__Exercise prompt__.
Every record that follows should appear again in your answer, exactly the same.

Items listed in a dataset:
#####
-- ===== src/Delivery.antt =====
-- backend/app/services/token_delivery.py: approval tokens that wait to be collected.
pub mod Hold
pub mod Single
pub mod Capacity
mod Tests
#####
__Output for this task__.
-- ===== src/Delivery.antt =====
-- backend/app/services/token_delivery.py: approval tokens that wait to be collected.
pub mod Hold
pub mod Single
pub mod Capacity
mod Tests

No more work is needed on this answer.